▸ **Work request**
Please take the lines from the one holding "subpaths_from-total zero (c" through the one holding "-- The loop" in the data below and copy them exactly.

▸ **Dataset entries**
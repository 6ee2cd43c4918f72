-- ===== src/Vfs/Subpaths.antt =====
-- A path is split at its slashes.
use pastoral.Base.{
  ℕ, zero, suc, ◌≤◌, ◌≡◌, ◌≢◌, refl, false, some, List, [], ◌∷◌, ◌++◌, length, length-append, ◌==◌,
  arith, Bool-cases, inl, inr,
}
use pastoral.Vfs.{slash, skip_slashes, subpath, behind_subpath, subpaths_from, subpaths}

length-skip_slashes : (s : List ℕ) → length (skip_slashes s) ≤ length s
unfolding skip_slashes
length-skip_slashes [] = omega arith
length-skip_slashes (c ∷ s) = ground (arith, length-skip_slashes s)

length-behind_subpath : (s : List ℕ) → length (behind_subpath s) ≤ length s
unfolding behind_subpath
length-behind_subpath [] = omega arith
length-behind_subpath (c ∷ s) = ground (arith, length-behind_subpath s)

-- No name of a list is empty or has a slash in it.
abbrev pub HasNoSlash : List ℕ → Type 0
HasNoSlash [] = Unit {0}
HasNoSlash (c ∷ s) = (c ≢ slash) × HasNoSlash s

abbrev pub AreNames : List (List ℕ) → Type 0
AreNames [] = Unit {0}
AreNames (name ∷ names) = (1 ≤ length name) × HasNoSlash name × AreNames names

subpath-HasNoSlash : (s : List ℕ) → HasNoSlash (subpath s)
unfolding subpath
subpath-HasNoSlash [] = tt
subpath-HasNoSlash (c ∷ s) = elim (Bool-cases (c == slash)) [
  | inl e ↦ rw e tt
  | inr e ↦ rw e (λ same. ground (arith, same), subpath-HasNoSlash s)
]

-- What `skip_slashes` leaves does not begin with a slash.
abbrev Starts : List ℕ → Type 0
Starts [] = Unit {0}
Starts (c ∷ s) = c ≢ slash

skip_slashes-Starts : (s : List ℕ) → Starts (skip_slashes s)
unfolding skip_slashes
skip_slashes-Starts [] = tt
skip_slashes-Starts (c ∷ s) = elim (Bool-cases (c == slash)) [
  | inl e ↦ rw e (skip_slashes-Starts s)
  | inr e ↦ rw e (λ same. ground (arith, same))
]

subpaths_from-total :
    (fuel : ℕ) (s : List ℕ)
    → length s ≤ fuel
    → Starts s
    → (names : List (List ℕ)) × (subpaths_from fuel s ≡ some names) × AreNames names
unfolding subpaths_from subpath behind_subpath
subpaths_from-total fuel [] h st = ([], refl, tt)
subpaths_from-total zero (c ∷ s) h st = absurd (omega arith)
subpaths_from-total (suc fuel) (c ∷ s) h st =
    let differs : (c == slash) ≡ false = ground arith in
    let rest : List ℕ = skip_slashes (behind_subpath (c ∷ s)) in
    let shorter : length (behind_subpath (c ∷ s)) ≤ length s =
      rw differs (length-behind_subpath s) in
    let (names, e, ok) =
      subpaths_from-total fuel rest
        (omega (arith, length-skip_slashes (behind_subpath (c ∷ s)), shorter))
        (skip_slashes-Starts (behind_subpath (c ∷ s))) in
    (subpath (c ∷ s) ∷ names, rw e refl, (rw differs (omega arith), subpath-HasNoSlash (c ∷ s), ok))

-- The loop that splits a path ends within as many rounds as the path has bytes, and every name that it
-- finds has a byte at least and no slash.
pub subpaths-total :
    (path : List ℕ) → (names : List (List ℕ)) × (subpaths path ≡ some names) × AreNames names
unfolding subpaths
subpaths-total path =
    subpaths_from-total (length path) (skip_slashes path) (length-skip_slashes path)
      (skip_slashes-Starts path)

-- The names with a slash before each.
abbrev pub join : List (List ℕ) → List ℕ
join [] = []
join (name ∷ names) = slash ∷ name ++ join names

subpath-join :
    (name : List ℕ) (names : List (List ℕ))
    → HasNoSlash name
    → (subpath (name ++ join names) ≡ name) × (behind_subpath (name ++ join names) ≡ join names)
unfolding subpath behind_subpath
subpath-join [] [] h = (refl, refl)
subpath-join [] (next ∷ names) h = (refl, refl)
subpath-join (c ∷ name) names (differs, h) =
    let (e, f) = subpath-join name names h in
    let no_slash : (c == slash) ≡ false = ground arith in (rw (no_slash, e) refl, rw no_slash f)

skip_slashes-name :
    (name s : List ℕ)
    → 1 ≤ length name
    → HasNoSlash name
    → skip_slashes (slash ∷ name ++ s) ≡ name ++ s
unfolding skip_slashes
skip_slashes-name [] s pos h = absurd (omega arith)
skip_slashes-name (c ∷ name) s pos (differs, h) =
    let no_slash : (c == slash) ≡ false = ground arith in rw no_slash refl

subpaths_from-join :
    (fuel : ℕ) (names : List (List ℕ))
    → length names ≤ fuel
    → AreNames names
    → subpaths_from fuel (skip_slashes (join names)) ≡ some names
unfolding subpaths_from
subpaths_from-join fuel [] h ok = unfold skip_slashes in refl
subpaths_from-join zero (name ∷ names) h ok = absurd (omega arith)
subpaths_from-join (suc fuel) ([] ∷ names) h (pos, clean, ok) = absurd (omega arith)
subpaths_from-join (suc fuel) ((c ∷ name) ∷ names) h (pos, clean, ok) =
    let (e, f) = subpath-join (c ∷ name) names clean in
    rw
      (
        skip_slashes-name (c ∷ name) (join names) pos clean,
        subpaths_from,
        e,
        f,
        subpaths_from-join fuel names (omega arith) ok,
      )
      refl

length-join : (names : List (List ℕ)) → length names ≤ length (join names)
length-join [] = omega arith
length-join (name ∷ names) = omega (arith, length-append name (join names), length-join names)

-- Names that have a byte at least and no slash are what the path that joins them is split into.
pub subpaths-join : (names : List (List ℕ)) → AreNames names → subpaths (join names) ≡ some names
unfolding subpaths
subpaths-join names ok = subpaths_from-join (length (join names)) names (length-join names) ok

▸ **Task response**
subpaths_from-total zero (c ∷ s) h st = absurd (omega arith)
subpaths_from-total (suc fuel) (c ∷ s) h st =
    let differs : (c == slash) ≡ false = ground arith in
    let rest : List ℕ = skip_slashes (behind_subpath (c ∷ s)) in
    let shorter : length (behind_subpath (c ∷ s)) ≤ length s =
      rw differs (length-behind_subpath s) in
    let (names, e, ok) =
      subpaths_from-total fuel rest
        (omega (arith, length-skip_slashes (behind_subpath (c ∷ s)), shorter))
        (skip_slashes-Starts (behind_subpath (c ∷ s))) in
    (subpath (c ∷ s) ∷ names, rw e refl, (rw differs (omega arith), subpath-HasNoSlash (c ∷ s), ok))

-- The loop that splits a path ends within as many rounds as the path has bytes, and every name that it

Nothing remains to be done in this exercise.